Directions: The line containing "push_all acc [] = acc" marks the end: output every line of the data up to it, and that line too, exactly as written.

Collected data:
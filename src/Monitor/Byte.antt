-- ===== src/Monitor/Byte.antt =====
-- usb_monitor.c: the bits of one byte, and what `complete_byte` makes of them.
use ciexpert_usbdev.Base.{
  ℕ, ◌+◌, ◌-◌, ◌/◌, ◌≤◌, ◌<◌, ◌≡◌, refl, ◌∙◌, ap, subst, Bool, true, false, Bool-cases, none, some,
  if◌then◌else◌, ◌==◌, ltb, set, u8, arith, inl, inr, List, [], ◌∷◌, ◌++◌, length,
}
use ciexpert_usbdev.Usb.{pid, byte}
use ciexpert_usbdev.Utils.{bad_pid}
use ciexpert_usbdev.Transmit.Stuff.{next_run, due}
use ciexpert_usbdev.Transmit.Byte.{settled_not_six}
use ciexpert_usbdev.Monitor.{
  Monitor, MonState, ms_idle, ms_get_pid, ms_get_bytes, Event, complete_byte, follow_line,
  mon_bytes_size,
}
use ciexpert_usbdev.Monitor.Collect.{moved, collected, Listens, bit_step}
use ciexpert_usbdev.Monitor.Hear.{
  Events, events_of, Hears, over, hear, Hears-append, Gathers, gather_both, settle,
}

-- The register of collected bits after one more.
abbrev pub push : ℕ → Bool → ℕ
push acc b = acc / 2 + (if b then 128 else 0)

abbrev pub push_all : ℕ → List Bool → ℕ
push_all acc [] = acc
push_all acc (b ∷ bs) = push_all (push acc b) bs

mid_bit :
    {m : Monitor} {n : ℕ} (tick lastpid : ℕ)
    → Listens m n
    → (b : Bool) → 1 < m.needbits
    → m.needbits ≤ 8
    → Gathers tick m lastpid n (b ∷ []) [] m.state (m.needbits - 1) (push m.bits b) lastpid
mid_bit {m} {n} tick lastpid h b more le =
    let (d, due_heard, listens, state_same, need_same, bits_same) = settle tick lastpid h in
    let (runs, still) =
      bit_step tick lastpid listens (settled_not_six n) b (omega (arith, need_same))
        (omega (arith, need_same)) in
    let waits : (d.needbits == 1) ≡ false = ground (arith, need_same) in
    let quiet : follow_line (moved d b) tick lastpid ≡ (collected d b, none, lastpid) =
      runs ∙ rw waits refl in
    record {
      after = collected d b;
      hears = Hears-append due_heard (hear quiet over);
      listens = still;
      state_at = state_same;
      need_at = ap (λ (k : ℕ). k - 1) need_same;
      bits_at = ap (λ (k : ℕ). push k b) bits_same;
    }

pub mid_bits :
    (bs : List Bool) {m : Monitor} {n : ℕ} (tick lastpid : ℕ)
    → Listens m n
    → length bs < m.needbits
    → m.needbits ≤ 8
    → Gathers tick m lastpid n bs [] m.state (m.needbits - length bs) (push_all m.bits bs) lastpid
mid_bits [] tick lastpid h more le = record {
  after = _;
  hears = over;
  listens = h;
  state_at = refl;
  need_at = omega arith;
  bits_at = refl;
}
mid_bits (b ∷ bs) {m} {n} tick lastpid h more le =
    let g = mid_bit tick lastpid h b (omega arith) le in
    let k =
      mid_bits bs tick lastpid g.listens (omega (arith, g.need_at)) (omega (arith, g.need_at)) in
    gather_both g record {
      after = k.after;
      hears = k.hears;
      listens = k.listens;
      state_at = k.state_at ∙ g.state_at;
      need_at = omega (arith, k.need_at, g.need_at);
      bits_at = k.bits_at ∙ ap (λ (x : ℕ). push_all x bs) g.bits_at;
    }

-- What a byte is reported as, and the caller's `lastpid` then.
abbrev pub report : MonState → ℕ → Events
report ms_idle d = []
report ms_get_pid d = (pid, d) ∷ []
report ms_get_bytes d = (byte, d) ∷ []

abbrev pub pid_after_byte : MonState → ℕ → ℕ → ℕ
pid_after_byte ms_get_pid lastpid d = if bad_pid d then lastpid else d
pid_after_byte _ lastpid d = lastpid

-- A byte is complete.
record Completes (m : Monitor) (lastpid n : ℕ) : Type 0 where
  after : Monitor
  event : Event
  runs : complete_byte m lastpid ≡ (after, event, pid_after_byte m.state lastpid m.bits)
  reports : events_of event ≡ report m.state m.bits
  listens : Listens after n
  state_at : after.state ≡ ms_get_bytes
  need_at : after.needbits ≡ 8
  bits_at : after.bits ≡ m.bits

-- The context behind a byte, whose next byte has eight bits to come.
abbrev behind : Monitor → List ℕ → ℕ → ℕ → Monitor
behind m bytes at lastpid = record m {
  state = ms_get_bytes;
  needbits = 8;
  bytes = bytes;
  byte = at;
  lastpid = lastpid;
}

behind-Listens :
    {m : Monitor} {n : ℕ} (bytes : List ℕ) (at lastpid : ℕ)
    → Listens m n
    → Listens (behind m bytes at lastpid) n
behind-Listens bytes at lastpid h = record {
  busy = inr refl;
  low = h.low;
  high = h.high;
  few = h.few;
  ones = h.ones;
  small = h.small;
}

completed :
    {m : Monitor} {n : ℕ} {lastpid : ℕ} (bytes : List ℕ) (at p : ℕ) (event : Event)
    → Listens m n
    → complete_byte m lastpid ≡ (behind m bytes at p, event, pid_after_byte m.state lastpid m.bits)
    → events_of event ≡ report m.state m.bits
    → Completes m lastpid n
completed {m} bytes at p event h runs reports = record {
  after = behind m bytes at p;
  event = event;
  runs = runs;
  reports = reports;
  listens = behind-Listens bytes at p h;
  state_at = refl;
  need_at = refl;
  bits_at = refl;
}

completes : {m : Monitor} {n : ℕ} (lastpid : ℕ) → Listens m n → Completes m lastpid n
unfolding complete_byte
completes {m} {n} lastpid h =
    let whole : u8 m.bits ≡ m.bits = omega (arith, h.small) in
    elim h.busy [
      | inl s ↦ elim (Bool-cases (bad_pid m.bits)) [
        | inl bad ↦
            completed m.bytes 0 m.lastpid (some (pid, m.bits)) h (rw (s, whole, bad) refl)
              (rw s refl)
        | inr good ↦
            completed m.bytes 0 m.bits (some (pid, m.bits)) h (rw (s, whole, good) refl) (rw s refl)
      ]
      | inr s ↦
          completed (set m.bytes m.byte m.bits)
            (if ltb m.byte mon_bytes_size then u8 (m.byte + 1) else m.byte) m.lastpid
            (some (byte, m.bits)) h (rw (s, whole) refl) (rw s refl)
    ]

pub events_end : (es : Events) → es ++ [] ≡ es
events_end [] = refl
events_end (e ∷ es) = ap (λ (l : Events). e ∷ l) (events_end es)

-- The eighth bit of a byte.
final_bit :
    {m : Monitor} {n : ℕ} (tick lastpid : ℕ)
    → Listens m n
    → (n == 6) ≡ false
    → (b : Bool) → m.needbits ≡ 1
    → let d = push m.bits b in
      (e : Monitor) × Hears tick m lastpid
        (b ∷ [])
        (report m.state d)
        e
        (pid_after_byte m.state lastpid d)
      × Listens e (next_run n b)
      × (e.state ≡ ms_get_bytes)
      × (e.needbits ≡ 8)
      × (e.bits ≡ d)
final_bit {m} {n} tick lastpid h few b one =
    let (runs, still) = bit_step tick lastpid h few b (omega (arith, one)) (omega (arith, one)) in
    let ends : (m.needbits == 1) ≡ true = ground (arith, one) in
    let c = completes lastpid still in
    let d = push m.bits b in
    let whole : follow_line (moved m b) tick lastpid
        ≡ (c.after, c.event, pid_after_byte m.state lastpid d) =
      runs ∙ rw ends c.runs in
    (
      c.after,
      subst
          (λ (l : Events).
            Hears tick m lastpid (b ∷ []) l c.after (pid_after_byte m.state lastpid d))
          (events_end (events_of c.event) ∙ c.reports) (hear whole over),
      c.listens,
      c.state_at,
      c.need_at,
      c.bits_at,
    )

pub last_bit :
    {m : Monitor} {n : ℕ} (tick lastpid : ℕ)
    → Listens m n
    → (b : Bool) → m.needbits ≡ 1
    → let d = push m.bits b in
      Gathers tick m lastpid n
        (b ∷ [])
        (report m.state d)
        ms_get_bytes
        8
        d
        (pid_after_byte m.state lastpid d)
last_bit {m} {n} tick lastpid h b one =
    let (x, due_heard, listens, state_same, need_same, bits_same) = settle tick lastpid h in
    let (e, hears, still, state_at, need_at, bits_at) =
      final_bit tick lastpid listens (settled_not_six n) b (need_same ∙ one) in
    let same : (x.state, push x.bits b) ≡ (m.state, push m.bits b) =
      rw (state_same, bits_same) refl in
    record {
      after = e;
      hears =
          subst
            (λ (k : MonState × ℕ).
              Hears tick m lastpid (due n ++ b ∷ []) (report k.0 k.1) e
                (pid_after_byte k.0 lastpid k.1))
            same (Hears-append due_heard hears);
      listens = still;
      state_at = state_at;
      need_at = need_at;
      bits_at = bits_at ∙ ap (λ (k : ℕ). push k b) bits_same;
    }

Output:
filename src/Monitor/Byte.antt
-- ===== src/Monitor/Byte.antt =====
-- usb_monitor.c: the bits of one byte, and what `complete_byte` makes of them.
use ciexpert_usbdev.Base.{
  ℕ, ◌+◌, ◌-◌, ◌/◌, ◌≤◌, ◌<◌, ◌≡◌, refl, ◌∙◌, ap, subst, Bool, true, false, Bool-cases, none, some,
  if◌then◌else◌, ◌==◌, ltb, set, u8, arith, inl, inr, List, [], ◌∷◌, ◌++◌, length,
}
use ciexpert_usbdev.Usb.{pid, byte}
use ciexpert_usbdev.Utils.{bad_pid}
use ciexpert_usbdev.Transmit.Stuff.{next_run, due}
use ciexpert_usbdev.Transmit.Byte.{settled_not_six}
use ciexpert_usbdev.Monitor.{
  Monitor, MonState, ms_idle, ms_get_pid, ms_get_bytes, Event, complete_byte, follow_line,
  mon_bytes_size,
}
use ciexpert_usbdev.Monitor.Collect.{moved, collected, Listens, bit_step}
use ciexpert_usbdev.Monitor.Hear.{
  Events, events_of, Hears, over, hear, Hears-append, Gathers, gather_both, settle,
}

-- The register of collected bits after one more.
abbrev pub push : ℕ → Bool → ℕ
push acc b = acc / 2 + (if b then 128 else 0)

abbrev pub push_all : ℕ → List Bool → ℕ
push_all acc [] = acc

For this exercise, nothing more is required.